Before deciding on the model to run your call centre, gather the evidence and data needed to make a robust decision:
- The volume of customer contacts you receive and expect, broken down into the smallest units of time possible (for example by hour or day).
- Have this profiled by times of day, days of week and weeks of year to see what the time and seasonal effects are. Knowing this will help to shape your overall resource requirement.
- Look not only at volume of contact historically achieved, but also volume attempted. For example, on a phone system, your resource planning should aim to achieve the full number of 'attempts' (minus re-diallings) and information from your telecom supplier will be of help here. Economies should arise when aggregating call types across departments.
- This process cannot be completed until you are informed, or can take a view, on these additional issues:
- Types of activity to be managed, for example what customer contacts from what department? What is the nature and purpose of the enquiries? This applies to all media: phone calls, e-mails, letters, etc.
- Average length of time to manage each type of activity.
- What improvements can be made to this average with better processes, technology and grouping with other activities?
- What combined skills are needed to manage these contacts? Where are specialisms or extra competencies and training required?
- What hours of operation will you offer and what flexibility will there be in staffing rosters?
- What are your targets or ideas for productivity or staff utilisation? Will you locate staff purely in a call management environment or have them working on administration and other duties as well?
Ownership and positioning within the organisation
Where the contact centre sits in the organisation is a major issue. It should not be an 'add-on' to current services, but fully integrated with clear points of contact with departments outside of the centre. For this reason, many organisations have their contact centres report into a corporate function. This corporate approach relies heavily on 'buy-in' from individual departments and services, so effective communication of the vision and benefits is imperative.

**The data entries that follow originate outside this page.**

-- ===== src/Api/Overlap/Serial.antt =====
-- A handler that no other commit overlaps is the handler taken as one transaction.
use ping_gaurd.Prelude.{
  ℕ, ◌≤◌, ◌≡◌, ◌∙◌, refl, ap, some, inl, inr, List, [], ◌∷◌, arith, text_eq, text_eq→eq, ◌==◌,
  Bool-cases, Option-cases,
}
use ping_gaurd.Models.{Monitor, Database, Result-cases, ok, find_monitor, update_monitor_row}
use ping_gaurd.Models.Columns.{
  mode_eq, flag_eq, option_eq, mode_eq→eq, flag_eq→eq, number_eq→eq, option_eq→eq, column_loaded,
}
use ping_gaurd.Schemas.{MonitorCreate, MonitorUpdate}
use ping_gaurd.Api.{create_monitor, update_monitor, delete_monitor, updated_row}
use ping_gaurd.Api.Updates.{update_exact}
use ping_gaurd.Api.Overlap.{write_changed, create_over, update_over, delete_over}
use ping_gaurd.Tasks.Sweep.Count.{rows_with}

write_changed_loaded :
    (now : ℕ) (m : Monitor) (payload : MonitorUpdate) {row : Monitor}
    → updated_row now m payload ≡ ok row
    → write_changed m row m ≡ row
unfolding write_changed
write_changed_loaded now m payload {row} h =
    let exact = update_exact now m payload h in
    let number = option_eq→eq ◌==◌ number_eq→eq in
    ground (
      arith,
      column_loaded text_eq text_eq→eq m.name row.name,
      column_loaded ◌==◌ number_eq→eq m.check_interval_seconds row.check_interval_seconds,
      column_loaded mode_eq mode_eq→eq m.mode row.mode,
      column_loaded flag_eq flag_eq→eq m.keep_alive_enabled row.keep_alive_enabled,
      column_loaded (option_eq ◌==◌) number m.keep_alive_interval_seconds
          row.keep_alive_interval_seconds,
      column_loaded (option_eq text_eq) (option_eq→eq text_eq text_eq→eq) m.keep_alive_path
          row.keep_alive_path,
      column_loaded (option_eq ◌==◌) number m.next_keep_alive_at row.next_keep_alive_at,
    )

update_row_absent :
    (i : ℕ) (f : Monitor → Monitor) (ms : List Monitor)
    → rows_with i ms ≡ 0
    → update_monitor_row i f ms ≡ ms
unfolding update_monitor_row
update_row_absent i f [] none_there = refl
update_row_absent i f (m ∷ ms) none_there = elim (Bool-cases (m.id == i)) [
  | inl mine ↦ absurd (ground arith)
  | inr other ↦ ground (arith, update_row_absent i f ms)
]

-- Where the key is unique, an UPDATE does to the row that is found what it does to the table.
update_row_found :
    (i : ℕ) (f : Monitor → Monitor) (row : Monitor) (ms : List Monitor) {m : Monitor}
    → rows_with i ms ≤ 1
    → find_monitor i ms ≡ some m
    → f m ≡ row
    → update_monitor_row i f ms ≡ update_monitor_row i (λ old. row) ms
unfolding find_monitor update_monitor_row
update_row_found i f row [] unique found same = refl
update_row_found i f row (x ∷ ms) {m} unique found same = elim (Bool-cases (x.id == i)) [
  | inl mine ↦
      let single : x ≡ m = ground arith in
      let rest : rows_with i ms ≡ 0 = ground arith in
      let written : f x ≡ row = ap f single ∙ same in
      ground
        (arith, update_row_absent i f ms rest, update_row_absent i (λ (old : Monitor). row) ms rest)
  | inr other ↦
      let found_below : find_monitor i ms ≡ some m = ground arith in
      let unique_below : rows_with i ms ≤ 1 = ground arith in
      ground (arith, update_row_found i f row ms unique_below found_below same)
]

-- Where no other row has the key, an UPDATE of the changed columns replaces the row.
pub update_serial :
    (now id : ℕ) (payload : MonitorUpdate) (db : Database)
    → rows_with id db.monitors ≤ 1
    → update_over now id payload db db ≡ update_monitor now id payload db
unfolding update_over update_monitor
update_serial now id payload db unique = elim (Option-cases (find_monitor id db.monitors)) [
  | inl missing ↦ ground arith
  | inr (m, found) ↦ elim (Result-cases (updated_row now m payload)) [
    | inr (e, failed) ↦ ground arith
    | inl (row, updated) ↦
        let written = write_changed_loaded now m payload updated in
        ground (
          arith,
          written,
          update_row_found id (write_changed m row) row db.monitors unique found written,
        )
  ]
]

pub create_serial :
    (max_monitors now : ℕ) (payload : MonitorCreate) (db : Database)
    → create_over max_monitors now payload db db ≡ create_monitor max_monitors now payload db
unfolding create_over create_monitor
create_serial max_monitors now payload db = refl

pub delete_serial : (id : ℕ) (db : Database) → delete_over id db db ≡ delete_monitor id db
unfolding delete_over delete_monitor
delete_serial id db = refl
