-- ===== src/Api/Table.antt =====
-- The table under the handlers: what a request leaves of the other rows, and what the next request
-- reads.
use mathlib.Core.Option
use ping_gaurd.Prelude.{
  ℕ, zero, suc, ◌+◌, ◌≤◌, ◌<◌, ◌≡◌, refl, sym, ap, ◌∙◌, inl, inr, Option, none, some, List, [], ◌∷◌,
  ◌++◌, arith, All, length, take, drop, map, select, sort_by, Option-cases, ◌==◌, if◌then◌else◌,
}
use ping_gaurd.Models.{
  Result-cases, Monitor, PingResult, Database, ok, raise, find_monitor, update_monitor_row,
  cascade_results,
}
use ping_gaurd.Models.Rows.{find_monitor-delete, find_monitor_id}
use ping_gaurd.Schemas.{MonitorUpdate, MonitorCreate}
use ping_gaurd.Api.{
  ApiError, MonitorRead, read_monitor, new_monitor, create_monitor, updated_row, update_monitor,
  list_monitors, delete_monitor,
}
use ping_gaurd.Api.Updates.{update_exact}

-- Every key is below the next one of the sequence.
abbrev pub HasFreshKeys : Database → Type 0
HasFreshKeys db = All (λ m. m.id < db.next_monitor_id) db.monitors

-- What a client reads of the monitor with a key.
abbrev pub view : ℕ → Database → Option MonitorRead
view id db = Option.map read_monitor (find_monitor id db.monitors)

pub find_monitor-replace :
    (i j : ℕ) (row : Monitor) (ms : List Monitor)
    → row.id ≡ i
    → find_monitor j (update_monitor_row i (λ old. row) ms)
      ≡ (if i == j then Option.map (λ old. row) (find_monitor j ms) else find_monitor j ms)
unfolding find_monitor update_monitor_row
find_monitor-replace i j row [] same = ground arith
find_monitor-replace i j row (m ∷ ms) same = ground (arith, find_monitor-replace i j row ms same)

-- After an update that succeeds, a client reads what the update returned under the monitor's key, and
-- under every other key what it read before; the results are as before.
pub view-update_monitor :
    (now id j : ℕ) (payload : MonitorUpdate) (db : Database) {r : MonitorRead} {after : Database}
    → update_monitor now id payload db ≡ (ok r, after)
    → (view j after ≡ (if id == j then some r else view j db)) × (after.results ≡ db.results)
unfolding update_monitor
view-update_monitor now id j payload db {r} {after} h =
    elim (Option-cases (find_monitor id db.monitors)) [
      | inl missing ↦ absurd (ground arith)
      | inr (m, found) ↦ elim (Result-cases (updated_row now m payload)) [
        | inr (e, failed) ↦ absurd (ground arith)
        | inl (row, updated) ↦
            let same_key = find_monitor_id id db.monitors m found in
            let exact = update_exact now m payload updated in
            let row_key : row.id ≡ id = ground arith in
            let replaced = find_monitor-replace id j row db.monitors row_key in ground arith
      ]
    ]

-- A request that fails leaves the database as it was.
pub update_atomic :
    (now id : ℕ) (payload : MonitorUpdate) (db : Database) {e : ApiError} {after : Database}
    → update_monitor now id payload db ≡ (raise e, after)
    → after ≡ db
unfolding update_monitor
update_atomic now id payload db h = ground arith

pub find_monitor-append :
    (j : ℕ) (ms : List Monitor) (created : Monitor)
    → All (λ m. m.id < created.id) ms
    → find_monitor j (ms ++ created ∷ [])
      ≡ (if created.id == j then some created else find_monitor j ms)
unfolding find_monitor
find_monitor-append j [] created below = ground arith
find_monitor-append j (m ∷ ms) created below =
    ground (arith, find_monitor-append j ms created below.1)

length-append :
    (ms : List Monitor) (created : Monitor) → length (ms ++ created ∷ []) ≡ suc (length ms)
length-append [] created = refl
length-append (m ∷ ms) created = ap suc (length-append ms created)

-- If the keys of the table are below the sequence: after a creation that succeeds, a client reads the
-- new monitor under its key, and under every other key what it read before; the table holds at most
-- `max_monitors` rows.
pub view-create_monitor :
    (max_monitors now j : ℕ) (payload : MonitorCreate) (db : Database) {r : MonitorRead}
    {after : Database}
    → HasFreshKeys db
    → create_monitor max_monitors now payload db ≡ (ok r, after)
    → (view j after ≡ (if r.id == j then some r else view j db))
      × (length after.monitors ≤ max_monitors)
unfolding create_monitor new_monitor read_monitor
view-create_monitor max_monitors now j payload db fresh h =
    let created = new_monitor db.next_monitor_id now payload in
    let found = find_monitor-append j db.monitors created fresh in
    let longer = length-append db.monitors created in ground arith

select-cascade :
    (i j : ℕ) (rs : List PingResult)
    → select (λ r. r.monitor_id == j) (cascade_results i rs)
      ≡ (if i == j then [] else select (λ r. r.monitor_id == j) rs)
unfolding cascade_results
select-cascade i j [] = ground arith
select-cascade i j (r ∷ rs) = ground (arith, select-cascade i j rs)

-- After a deletion that succeeds, a client finds no monitor and no result under the key, and under
-- every other key the monitor and the results that it found before.
pub view-delete_monitor :
    (id j : ℕ) (db : Database) {after : Database}
    → delete_monitor id db ≡ (ok tt, after)
    → (view j after ≡ (if id == j then none else view j db))
      × (select (λ r. r.monitor_id == j) after.results
          ≡ (if id == j then [] else select (λ r. r.monitor_id == j) db.results))
unfolding delete_monitor
view-delete_monitor id j db h =
    let gone = find_monitor-delete id j db.monitors in
    let cascaded = select-cascade id j db.results in ground arith

module _ {A : Type 0} where
  take-nil : (n : ℕ) → ◌≡◌ {A = List A} (take n []) []
  take-nil zero = refl
  take-nil (suc n) = refl

  drop-nil : (n : ℕ) → ◌≡◌ {A = List A} (drop n []) []
  drop-nil zero = refl
  drop-nil (suc n) = refl

  take-pages : (n m : ℕ) (xs : List A) → take n xs ++ take m (drop n xs) ≡ take (n + m) xs
  take-pages zero m xs = let sum : 0 + m ≡ m = omega arith in rw sum
  take-pages (suc n) m [] = take-nil m ∙ sym (take-nil (suc n + m))
  take-pages (suc n) m (x ∷ xs) =
      let sum : suc n + m ≡ suc (n + m) = omega arith in
      rw sum (ap (λ s. x ∷ s) (take-pages n m xs))

  drop-add : (n m : ℕ) (xs : List A) → drop (n + m) xs ≡ drop m (drop n xs)
  drop-add zero m xs = let sum : 0 + m ≡ m = omega arith in rw sum
  drop-add (suc n) m [] = drop-nil (suc n + m) ∙ sym (drop-nil m)
  drop-add (suc n) m (x ∷ xs) =
      let sum : suc n + m ≡ suc (n + m) = omega arith in rw sum (drop-add n m xs)

  map-append : {B : Type 0} (f : A → B) (xs ys : List A) → map f (xs ++ ys) ≡ map f xs ++ map f ys
  map-append f [] ys = refl
  map-append f (x ∷ xs) ys = ap (λ s. f x ∷ s) (map-append f xs ys)

-- Two consecutive pages are one page of both lengths: pages neither overlap nor leave a monitor out.
pub list_pages :
    (skip n m : ℕ) (db : Database)
    → (first second : List MonitorRead) → (list_monitors skip n db).0 ≡ ok first
    → (list_monitors (skip + n) m db).0 ≡ ok second
    → (list_monitors skip (n + m) db).0 ≡ ok (first ++ second)
unfolding list_monitors
list_pages skip n m db first second one two =
    let rows = sort_by (λ r. r.id) db.monitors in
    let joined =
      map-append read_monitor (take n (drop skip rows)) (take m (drop n (drop skip rows))) in
    let rest = take m (drop (skip + n) rows) in
    let whole : map read_monitor (take n (drop skip rows)) ++ map read_monitor rest
        ≡ map read_monitor (take (n + m) (drop skip rows)) =
      rw (drop-add skip n rows)
        (sym joined ∙ ap (map read_monitor) (take-pages n m (drop skip rows))) in
    ground arith
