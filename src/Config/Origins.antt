-- ===== src/Config/Origins.antt =====
-- `Settings.parse_and_validate_cors_origins` of app/config.py.
pub mod Exact
use ping_gaurd.Prelude.{
  ℕ, Bool, true, false, not, ◌||◌, Text, codes, List, [], ◌∷◌, ◌++◌, ◌==◌, Option, none, some,
  if◌then◌else◌,
}
use ping_gaurd.Models.{Result, ok, raise}
use ping_gaurd.Net.Resolve.{SplitResult, UrlLibrary, text_in}
use ping_gaurd.Urls.{rstrip_slash}

pub data OriginError : Type 0 where
  bad_input wildcard unparsable bad_scheme no_host has_path has_query : OriginError

-- The setting before it is parsed: None, a text, a collection of items, or something else.
pub data OriginInput : Type 0 where
  missing other : OriginInput
  one_text : Text → OriginInput
  several : List Text → OriginInput

abbrev push_char : ℕ → List Text → List Text
push_char c [] = (c ∷ []) ∷ []
push_char c (part ∷ parts) = (c ∷ part) ∷ parts

-- `v.split(",")`
unfoldable pub split_commas : Text → List Text
split_commas [] = [] ∷ []
split_commas (c ∷ cs) =
    let parts = split_commas cs in if c == 44 then [] ∷ parts else push_char c parts

abbrev pub is_empty : Text → Bool
is_empty [] = true
is_empty (c ∷ cs) = false

-- `[item.strip() for item in items if item.strip()]`
unfoldable pub strip_items : (strip : Text → Text) → List Text → List Text
strip_items strip [] = []
strip_items strip (item ∷ items) =
    let rest = strip_items strip items in if is_empty (strip item) then rest else strip item ∷ rest

unfoldable pub raw_origins : (strip : Text → Text) → OriginInput → Result OriginError (List Text)
raw_origins strip missing = ok []
raw_origins strip other = raise bad_input
raw_origins strip (one_text []) = ok []
raw_origins strip (one_text (c ∷ cs)) = ok (strip_items strip (split_commas (c ∷ cs)))
raw_origins strip (several items) = ok (strip_items strip items)

abbrev pub wildcards : List Text
wildcards = codes "*" ∷ codes "'*'" ∷ codes "\"*\"" ∷ []

module _ (lib : UrlLibrary) where
  abbrev pub normalized : SplitResult → Text
  normalized parsed = lib.lower parsed.scheme ++ codes "://" ++ parsed.netloc

  unfoldable pub origin_parts : SplitResult → Result OriginError Text
  origin_parts parsed =
      if not (text_in (lib.lower parsed.scheme) (codes "http" ∷ codes "https" ∷ []))
      then raise bad_scheme
      else if is_empty parsed.netloc
      then raise no_host
      else if not (is_empty parsed.path)
      then raise has_path
      else if not (is_empty parsed.query) || not (is_empty parsed.fragment)
      then raise has_query
      else ok (normalized parsed)

  -- The body of the loop up to `normalized`.
  unfoldable pub origin_of : Text → Result OriginError Text
  origin_of origin =
      if text_in origin wildcards
      then raise wildcard
      else elim (lib.urlsplit (rstrip_slash origin)) [
        | none ↦ raise unparsable
        | some parsed ↦ origin_parts parsed
      ]

  unfoldable pub collect_origins : List Text → List Text → Result OriginError (List Text)
  collect_origins validated [] = ok validated
  collect_origins validated (origin ∷ origins) = elim (origin_of origin) [
    | raise e ↦ raise e
    | ok o ↦
        collect_origins (if text_in o validated then validated else validated ++ o ∷ []) origins
  ]

  unfoldable pub parse_and_validate_cors_origins : OriginInput → Result OriginError (List Text)
  parse_and_validate_cors_origins v = elim (raw_origins lib.strip v) [
    | raise e ↦ raise e
    | ok raw ↦ collect_origins [] raw
  ]
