-- ===== src/Config.antt =====
-- The validators of app/config.py. Settings in seconds that are floats count microseconds; the integers
-- of Python are signed. `make_url` is SQLAlchemy's; `strip`, `lower` and `upper` are methods of `str`.
pub mod Drivers
pub mod Origins
pub mod Budget
pub mod Secrets
pub mod Examples
use ping_gaurd.Prelude.{
  ℕ, suc, ◌+◌, ◌*◌, Bool, true, false, not, ◌&&◌, ◌||◌, Text, codes, List, [], ◌∷◌, Option, none,
  some, leb, ltb, length, if◌then◌else◌,
}
use ping_gaurd.Models.{Result, ok, raise}
use ping_gaurd.Net.Resolve.{text_in, truthy, UrlLibrary}
use ping_gaurd.Config.Origins.{OriginError, OriginInput, is_empty, parse_and_validate_cors_origins}
use ping_gaurd.Net.Probe.{starts_with, ClientSettings}

-- The integer n, or -1 - n.
pub data ℤ : Type 0 where
  pos negsuc : ℕ → ℤ

-- `v > 0`
abbrev pub is_positive : ℤ → Bool
is_positive (pos n) = ltb 0 n
is_positive (negsuc n) = false

-- `0 <= v <= bound`
abbrev pub is_up_to : ℕ → ℤ → Bool
is_up_to bound (pos n) = leb n bound
is_up_to bound (negsuc n) = false

-- `v`, where it is not negative.
abbrev pub magnitude : ℤ → ℕ
magnitude (pos n) = n
magnitude (negsuc n) = 0

-- `a < b + d`
abbrev pub below_sum : ℤ → ℤ → ℕ → Bool
below_sum (pos a) (pos b) d = ltb a (b + d)
below_sum (pos a) (negsuc b) d = ltb (a + suc b) d
below_sum (negsuc a) (pos b) d = true
below_sum (negsuc a) (negsuc b) d = ltb (suc b) (suc a + d)

pub data ConfigError : Type 0 where
  short_key weak_key not_positive bad_redirects soft_limit_low hard_limit_low : ConfigError
  bad_log_level no_database_url bad_database_url weak_db_password : ConfigError
  bad_origins : OriginError → ConfigError

pub data Environment : Type 0 where
  dev test prod : Environment

pub record Settings : Type 0 where
  pub environment : Environment
  pub api_key : Text
  pub cors_allowed_origins : OriginInput
  pub database_url : Text
  pub log_level : Text
  pub sweep_interval : ℤ
  pub http_connect_timeout : ℤ
  pub http_read_timeout : ℤ
  pub http_write_timeout : ℤ
  pub http_pool_timeout : ℤ
  pub probe_total_timeout : ℤ
  pub http_max_response_bytes : ℤ
  pub celery_soft_time_limit : ℤ
  pub celery_hard_time_limit : ℤ
  pub rate_limit_writes_per_minute : ℤ
  pub max_monitors : ℤ
  pub ping_results_retention_days : ℤ
  pub retention_batch_size : ℤ
  pub sweep_batch_size : ℤ
  pub sweep_max_batches : ℤ
  pub http_max_redirects : ℤ
  pub http_user_agent : Text
  pub http_keep_alive_user_agent : Text

infixl 5 ◌>>◌
abbrev ◌>>◌ :
    Result ConfigError (Unit {0}) → Result ConfigError (Unit {0}) → Result ConfigError (Unit {0})
ok _ >> r = r
raise e >> r = raise e

abbrev reject : Bool → ConfigError → Result ConfigError (Unit {0})
reject refused e = if refused then raise e else ok tt

-- `WEAK_PASSWORDS`
abbrev pub weak_passwords : List Text
weak_passwords =
    codes "postgres"
    ∷ codes "password"
    ∷ codes "admin"
    ∷ codes "root"
    ∷ codes "123456"
    ∷ codes "change-me"
    ∷ codes "change-me-generate-a-random-one"
    ∷ []

-- `val in WEAK_PASSWORDS or val.startswith("change-me")`
unfoldable pub is_placeholder : Text → Bool
is_placeholder val = text_in val weak_passwords || starts_with (codes "change-me") val

unfoldable pub validate_api_key : (lower : Text → Text) → Text → Result ConfigError (Unit {0})
validate_api_key lower key =
    reject (ltb (length key) 24) short_key >> reject (is_placeholder (lower key)) weak_key

-- `validate_positive_float` and `validate_positive_int` on one field.
unfoldable pub validate_positive : ℤ → Result ConfigError (Unit {0})
validate_positive v = reject (not (is_positive v)) not_positive

unfoldable pub validate_max_redirects : ℤ → Result ConfigError (Unit {0})
validate_max_redirects v = reject (not (is_up_to 20 v)) bad_redirects

-- The limits are whole seconds, the deadline is in microseconds.
abbrev pub in_microseconds : ℤ → ℤ
in_microseconds (pos n) = pos (n * 1000000)
in_microseconds (negsuc n) = negsuc (n * 1000000 + 999999)

unfoldable pub validate_timeout_budget : Settings → Result ConfigError (Unit {0})
validate_timeout_budget s =
    reject (below_sum (in_microseconds s.celery_soft_time_limit) s.probe_total_timeout 2000000)
      soft_limit_low
    >> reject (below_sum s.celery_hard_time_limit s.celery_soft_time_limit 3) hard_limit_low

-- What the validators read of SQLAlchemy's URL; `none` is an exception of `make_url`.
pub record DatabaseUrl : Type 0 where
  pub database : Option Text
  pub password : Option Text

abbrev pub discard : {E A : Type 0} → (E → ConfigError) → Result E A → Result ConfigError (Unit {0})
discard f (ok a) = ok tt
discard f (raise e) = raise (f e)

abbrev pub log_levels : List Text
log_levels = codes "DEBUG" ∷ codes "INFO" ∷ codes "WARNING" ∷ codes "ERROR" ∷ codes "CRITICAL" ∷ []

-- `not pwd or pwd.lower() in WEAK_PASSWORDS or pwd.lower().startswith("change-me")`
abbrev pub is_weak : (lower : Text → Text) → Text → Bool
is_weak lower pwd = is_empty pwd || is_placeholder (lower pwd)

abbrev pub is_weak_or_none : (lower : Text → Text) → Option Text → Bool
is_weak_or_none lower none = true
is_weak_or_none lower (some pwd) = is_weak lower pwd

module _ (lib : UrlLibrary) (upper : Text → Text) (make_url : Text → Option DatabaseUrl) where
  unfoldable pub validate_log_level : Text → Result ConfigError (Unit {0})
  validate_log_level v = reject (not (text_in (upper (lib.strip v)) log_levels)) bad_log_level

  unfoldable pub validate_database_url : Text → Result ConfigError (Unit {0})
  validate_database_url v =
      reject (is_empty v || is_empty (lib.strip v)) no_database_url >> elim (make_url v) [
        | none ↦ raise bad_database_url
        | some url ↦ reject (not (truthy url.database)) bad_database_url
      ]

  -- The validator reads the URL that the field's validator has stripped.
  unfoldable pub validate_db_password : Settings → Result ConfigError (Unit {0})
  validate_db_password s = elim s.environment [
    | dev ↦ ok tt
    | test ↦ ok tt
    | prod ↦ elim (make_url (lib.strip s.database_url)) [
      | none ↦ raise bad_database_url
      | some url ↦ reject (is_weak_or_none lib.lower url.password) weak_db_password
    ]
  ]

  -- pydantic reports all errors of the fields, here the first stands for them.
  unfoldable pub validate_settings : Settings → Result ConfigError (Unit {0})
  validate_settings s =
      validate_api_key lib.lower s.api_key
      >> discard bad_origins (parse_and_validate_cors_origins lib s.cors_allowed_origins)
      >> validate_database_url s.database_url
      >> validate_positive s.sweep_interval
      >> validate_positive s.http_connect_timeout
      >> validate_positive s.http_read_timeout
      >> validate_positive s.http_write_timeout
      >> validate_positive s.http_pool_timeout
      >> validate_positive s.probe_total_timeout
      >> validate_positive s.http_max_response_bytes
      >> validate_positive s.celery_soft_time_limit
      >> validate_positive s.celery_hard_time_limit
      >> validate_positive s.rate_limit_writes_per_minute
      >> validate_positive s.max_monitors
      >> validate_positive s.ping_results_retention_days
      >> validate_positive s.retention_batch_size
      >> validate_positive s.sweep_batch_size
      >> validate_positive s.sweep_max_batches
      >> validate_max_redirects s.http_max_redirects
      >> validate_log_level s.log_level
      >> validate_timeout_budget s
      >> validate_db_password s

-- What the probe's bridges read of the settings.
unfoldable pub probe_settings : Settings → ClientSettings
probe_settings s = record {
  http_user_agent = s.http_user_agent;
  http_keep_alive_user_agent = s.http_keep_alive_user_agent;
  http_max_response_bytes = magnitude s.http_max_response_bytes;
  http_max_redirects = magnitude s.http_max_redirects;
}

Business models for managing call centres are many and varied. There seems to be little market or data evidence to indicate that any particular model suits a specific situation. We are, however, able to draw some conclusions from such evidence as we have.
The key issues which decide investment, structure and ownership of a contact centre are these:
- View of organisational core competence - can someone else manage it better, including operational management, technology deployment, cost structure and process efficiencies - thought leadership?
- Perceived strategic or tactical value of the operation: the more strategic and core business integrated it is, the more challenging it is to deploy non-traditional methods.
- Communications or call centre champions within the organisation, in other words individuals prepared to argue their case against accepted or common wisdom or prejudice.
- Acceptable degree of risk. For example it is argued that outsourcing is a process of risk management. But there are risks of loss of control, of customer experience and of customer information, let alone the exiting risks from failed partner relationships.